I agree with ya there DeerFly.  There are several guys over there who can't get their wallet out fast enough.  Not being a first gen. type of guy, it should be pretty interesting.

Now I really wonder, how much different is it really going to be? I know JoeW has run his Caimen a long ways in some chop without sacrificing a kidney, but for some reason he put in on the wrong side of the bay!  Anyhoo, with the "V" hull this will effect draft, but help the ride.  All a big trade off.  Personally I just want a flat bottom with "v" entry around $2k...  No need for speed or long runs, there are more feesh just around the bend than I could ever catch.

IMHO 19' is no longer a Microskiff either.  Micro means small, 19' taint small.


----------



## Un-shore (Sep 27, 2007)

All this time my wellcraft was a micro and I didn't know! That explains these confusing thoughts in my head all this time.


----------



## East_Cape (Jun 3, 2008)

Greetings,


The Vantage is not a micro but rather a large "poling skiff" and the draft of 8" is skinny in the real-life flats/skiff market. 

We do have pictures of it on our gallery showing us building the plug,mold,and release, and lastly infusion to show the industry we don't copy....and since day one we've always released new models in this fashion and been true to our word on dates of release ( or damn near close to it, LOL ).
Next week we'll have pictures showing more of the skiff and in the water.
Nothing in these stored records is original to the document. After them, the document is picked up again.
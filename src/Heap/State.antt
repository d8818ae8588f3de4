-- ===== src/Heap/State.antt =====
-- The static state of heap.c, the headers in memory, and heap_init.
use apsyde.Pmm.State.{Pmm, null, page_size}
use apsyde.Pmm.Alloc.{alloc_pages}
use apsyde.Common.{
  ℕ, ◌+◌, ◌-◌, ◌*◌, ◌^◌, bit_and, Bool, ◌&&◌, ltb, leb, ◌==◌, if◌then◌else◌, u32, u64, sub64,
}

abbrev pub header_size : ℕ
header_size = 32

abbrev pub heap_alignment : ℕ
heap_alignment = 16

abbrev pub heap_initial_pages : ℕ
heap_initial_pages = 256

abbrev pub heap_magic_free : ℕ
heap_magic_free = 0xc0ff_ee00

abbrev pub heap_magic_used : ℕ
heap_magic_used = 0xc0ff_ee01

-- The headers are in memory: each field of `block_header_t` is a function of the header's address.
-- `bytes` is the memory between the headers.
pub record Heap : Type 0 where
  pub heap_start : ℕ
  pub heap_end : ℕ
  pub free_list : ℕ
  pub alloc_count : ℕ
  pub free_count : ℕ
  pub total_blocks : ℕ
  pub free_blocks : ℕ
  pub magic : ℕ → ℕ
  pub size : ℕ → ℕ
  pub next_free : ℕ → ℕ
  pub flags : ℕ → ℕ
  pub pad0 : ℕ → ℕ
  pub pad1 : ℕ → ℕ
  pub bytes : ℕ → ℕ

-- What a call leads to: it returns, it panics, or a loop is still running when the fuel is used up.
pub data Result (A : Type 0) : Type 0 where
  ok : A → Result A
  panicked : Result A
  hung : Result A

-- A write to one cell of an array or of the memory.
abbrev pub write : (ℕ → ℕ) → ℕ → ℕ → ℕ → ℕ
write f a v x = if x == a then v else f x

unfoldable pub align_up : ℕ → ℕ
align_up x = bit_and (u64 (x + heap_alignment - 1)) (2 ^ 64 - heap_alignment)

unfoldable pub next_block : Heap → ℕ → ℕ
next_block h b = u64 (b + header_size + h.size b)

-- The header that heap_init and the split of a block write for a free block.
unfoldable pub write_free_header : ℕ → ℕ → ℕ → Heap → Heap
write_free_header b n next h = record h {
  magic = write h.magic b heap_magic_free;
  size = write h.size b n;
  next_free = write h.next_free b next;
  flags = write h.flags b 1;
  pad0 = write h.pad0 b 0;
  pad1 = write h.pad1 b 0;
}

-- heap_init after its call of pmm_alloc_pages.
unfoldable pub init_at : ℕ → Heap → Result Heap
init_at base h =
    if base == null
    then panicked
    else let stop = u64 (base + heap_initial_pages * page_size) in
      ok (
        write_free_header base (u32 (sub64 stop base - header_size)) null record h {
          heap_start = base;
          heap_end = stop;
          free_list = base;
          total_blocks = 1;
          free_blocks = 1;
        })

unfoldable pub heap_init : Pmm → Heap → Pmm × Result Heap
heap_init s h = let taken = alloc_pages heap_initial_pages s in (taken.1, init_at taken.0 h)

unfoldable pub is_in_heap : Heap → ℕ → Bool
is_in_heap h p = leb h.heap_start p && ltb p h.heap_end

unfoldable pub heap_get_range : Heap → ℕ × ℕ
heap_get_range h = (h.heap_start, h.heap_end)
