-- ===== src/Heap/Ops.antt =====
-- heap_alloc, heap_free, heap_realloc, heap_calloc, and their names in kmalloc.c.
use apsyde.Heap.State.{
  Heap, Result, header_size, heap_alignment, heap_magic_free, heap_magic_used, write, align_up,
  next_block, write_free_header, is_in_heap, ok, panicked, hung,
}
use apsyde.Pmm.State.{null}
use apsyde.Common.{
  ℕ, zero, suc, ◌+◌, ◌-◌, ◌*◌, ◌/◌, ◌^◌, not, ◌&&◌, ◌||◌, Option, none, some, ltb, leb, ◌==◌,
  if◌then◌else◌, u32, u64, sub64, sub32,
}

-- How the loop of heap_alloc ends: at a block that is large enough and the one before it in the
-- list, at the list's end, at a damaged header, or not within the fuel.
pub data Found : Type 0 where
  fit : (prev b : ℕ) → Found
  missing : Found
  damaged : Found
  searching : Found

unfoldable pub find_fit : ℕ → Heap → ℕ → ℕ → ℕ → Found
find_fit zero h aligned prev b = searching
find_fit (suc fuel) h aligned prev b =
    let rest = find_fit fuel h aligned b (h.next_free b) in
    if b == null
    then missing
    else if not (h.magic b == heap_magic_free)
    then damaged
    else if leb aligned (h.size b)
    then fit prev b
    else rest

-- `if (prev) prev->next_free = v; else g_free_list = v;`
unfoldable pub relink : ℕ → ℕ → Heap → Heap
relink prev v h =
    if prev == null
    then record h { free_list = v }
    else record h { next_free = write h.next_free prev v }

-- The rest of the block becomes a free block that takes its place in the list.
unfoldable pub split_block : ℕ → ℕ → ℕ → ℕ → Heap → Heap
split_block aligned remaining prev b h =
    let new_b = u64 (b + header_size + aligned) in
    let h' =
      relink prev new_b
        (write_free_header new_b (u32 (remaining - header_size)) (h.next_free b) h) in
    record h' { total_blocks = u64 (h'.total_blocks + 1) }

unfoldable pub unlink_block : ℕ → ℕ → Heap → Heap
unlink_block prev b h =
    let h' = relink prev (h.next_free b) h in record h' { free_blocks = sub64 h'.free_blocks 1 }

unfoldable pub mark_used : ℕ → ℕ → Heap → Heap
mark_used aligned b h = record h {
  magic = write h.magic b heap_magic_used;
  size = write h.size b (u32 aligned);
  flags = write h.flags b 0;
  next_free = write h.next_free b null;
  alloc_count = u64 (h.alloc_count + 1);
}

-- The body of the loop at the block that is large enough.
unfoldable pub take_block : ℕ → ℕ → ℕ → Heap → Heap
take_block aligned prev b h =
    let remaining = sub32 (h.size b) (u32 aligned) in
    mark_used aligned b (
      if leb (header_size + heap_alignment) remaining
      then split_block aligned remaining prev b h
      else unlink_block prev b h)

unfoldable pub place : ℕ → Found → Heap → Result (ℕ × Heap)
place aligned (fit prev b) h = ok (u64 (b + header_size), take_block aligned prev b h)
place aligned missing h = ok (null, h)
place aligned damaged h = panicked
place aligned searching h = hung

-- The loop has a round for each free block and one for the list's end.
unfoldable pub heap_alloc : ℕ → Heap → Result (ℕ × Heap)
heap_alloc n h =
    let aligned = align_up n in
    if n == 0
    then ok (null, h)
    else if ltb (2 ^ 32 - 1) aligned
    then ok (null, h)
    else place aligned (find_fit (suc h.free_blocks) h aligned null h.free_list) h

-- The loop of heap_free: the block of the list before `next`, or 0; `none` where the fuel is used up.
unfoldable pub find_prev : ℕ → (ℕ → ℕ) → ℕ → ℕ → Option ℕ
find_prev zero nexts next prev = none
find_prev (suc fuel) nexts next prev =
    let rest = find_prev fuel nexts next (nexts prev) in
    if prev == null then some null else if nexts prev == next then some prev else rest

unfoldable pub absorb : ℕ → ℕ → Heap → Heap
absorb b next h = record h {
  free_blocks = sub64 h.free_blocks 1;
  size = write h.size b (u32 (h.size b + header_size + h.size next));
  total_blocks = sub64 h.total_blocks 1;
}

-- `if (prev) prev->next_free = next->next_free;`
unfoldable pub bypass : Option ℕ → ℕ → ℕ → Heap → Result Heap
bypass none b next h = hung
bypass (some prev) b next h = ok (
    absorb b next (
      if prev == null
      then h
      else record h { next_free = write h.next_free prev (h.next_free next) }))

-- The block behind `b` is joined to it, if it is free.
unfoldable pub join_next : ℕ → Heap → Result Heap
join_next b h =
    let next = next_block h b in
    if ltb next h.heap_end && (h.magic next == heap_magic_free)
    then if h.free_list == next
      then ok (absorb b next record h { free_list = h.next_free next })
      else bypass (find_prev (suc h.free_blocks) h.next_free next h.free_list) b next h
    else ok h

unfoldable pub push_free : ℕ → Heap → Heap
push_free b h = record h {
  magic = write h.magic b heap_magic_free;
  flags = write h.flags b 1;
  next_free = write h.next_free b h.free_list;
  free_list = b;
  free_blocks = u64 (h.free_blocks + 1);
  free_count = u64 (h.free_count + 1);
}

unfoldable pub heap_free : ℕ → Heap → Result Heap
heap_free p h =
    let b = sub64 p header_size in
    if p == null
    then ok h
    else if not (is_in_heap h p)
    then panicked
    else if h.magic b == heap_magic_free
    then panicked
    else if not (h.magic b == heap_magic_used)
    then panicked
    else join_next b (push_free b h)

-- memcpy of ranges that do not overlap, and memset.
unfoldable pub move_bytes : ℕ → ℕ → ℕ → Heap → Heap
move_bytes to from n h = record h {
  bytes = λ x. if leb to x && ltb x (to + n) then h.bytes (from + (x - to)) else h.bytes x;
}

unfoldable pub set_bytes : ℕ → ℕ → ℕ → Heap → Heap
set_bytes to v n h = record h { bytes = λ x. if leb to x && ltb x (to + n) then v else h.bytes x }

unfoldable pub returned : ℕ → Result Heap → Result (ℕ × Heap)
returned p (ok h) = ok (p, h)
returned p panicked = panicked
returned p hung = hung

-- heap_realloc after its call of heap_alloc.
unfoldable pub move_to : ℕ → ℕ → Result (ℕ × Heap) → Result (ℕ × Heap)
move_to p n (ok (q, h)) =
    if q == null then ok (null, h) else returned q (heap_free p (move_bytes q p n h))
move_to p n panicked = panicked
move_to p n hung = hung

unfoldable pub heap_realloc : ℕ → ℕ → Heap → Result (ℕ × Heap)
heap_realloc p n h =
    let old_size = h.size (sub64 p header_size) in
    let copy_size = (if ltb old_size n then old_size else n) in
    if p == null
    then heap_alloc n h
    else if n == 0
    then returned null (heap_free p h)
    else move_to p copy_size (heap_alloc n h)

-- heap_calloc after its call of heap_alloc.
unfoldable pub clear_at : ℕ → Result (ℕ × Heap) → Result (ℕ × Heap)
clear_at n (ok (q, h)) = ok (q, if q == null then h else set_bytes q 0 n h)
clear_at n panicked = panicked
clear_at n hung = hung

unfoldable pub heap_calloc : ℕ → ℕ → Heap → Result (ℕ × Heap)
heap_calloc n size h =
    if n == 0 || (size == 0)
    then ok (null, h)
    else if ltb ((2 ^ 64 - 1) / size) n
    then ok (null, h)
    else clear_at (u64 (n * size)) (heap_alloc (u64 (n * size)) h)

unfoldable pub kmalloc : ℕ → Heap → Result (ℕ × Heap)
kmalloc n h = heap_alloc n h

unfoldable pub kfree : ℕ → Heap → Result Heap
kfree p h = heap_free p h

unfoldable pub krealloc : ℕ → ℕ → Heap → Result (ℕ × Heap)
krealloc p n h = heap_realloc p n h

unfoldable pub kcalloc : ℕ → ℕ → Heap → Result (ℕ × Heap)
kcalloc n size h = heap_calloc n size h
With the Caimen being our first mod "V" hull and building it as a test on that style hull we were ready to go for the Vantage since this hull was the first one drawn up years ago. 

Actually even the name has been with us since back in the day as the name for the Caimen was originally gonna be called the Vantage...
Anyhow, the skiff is a bigger version of the Caimen w/a running pad and with a four-stroke 90-115 it'll do the 8" and add more HP it'll increase more. We've always been accurate on our draft and will continue to post it w/pictures and video as well...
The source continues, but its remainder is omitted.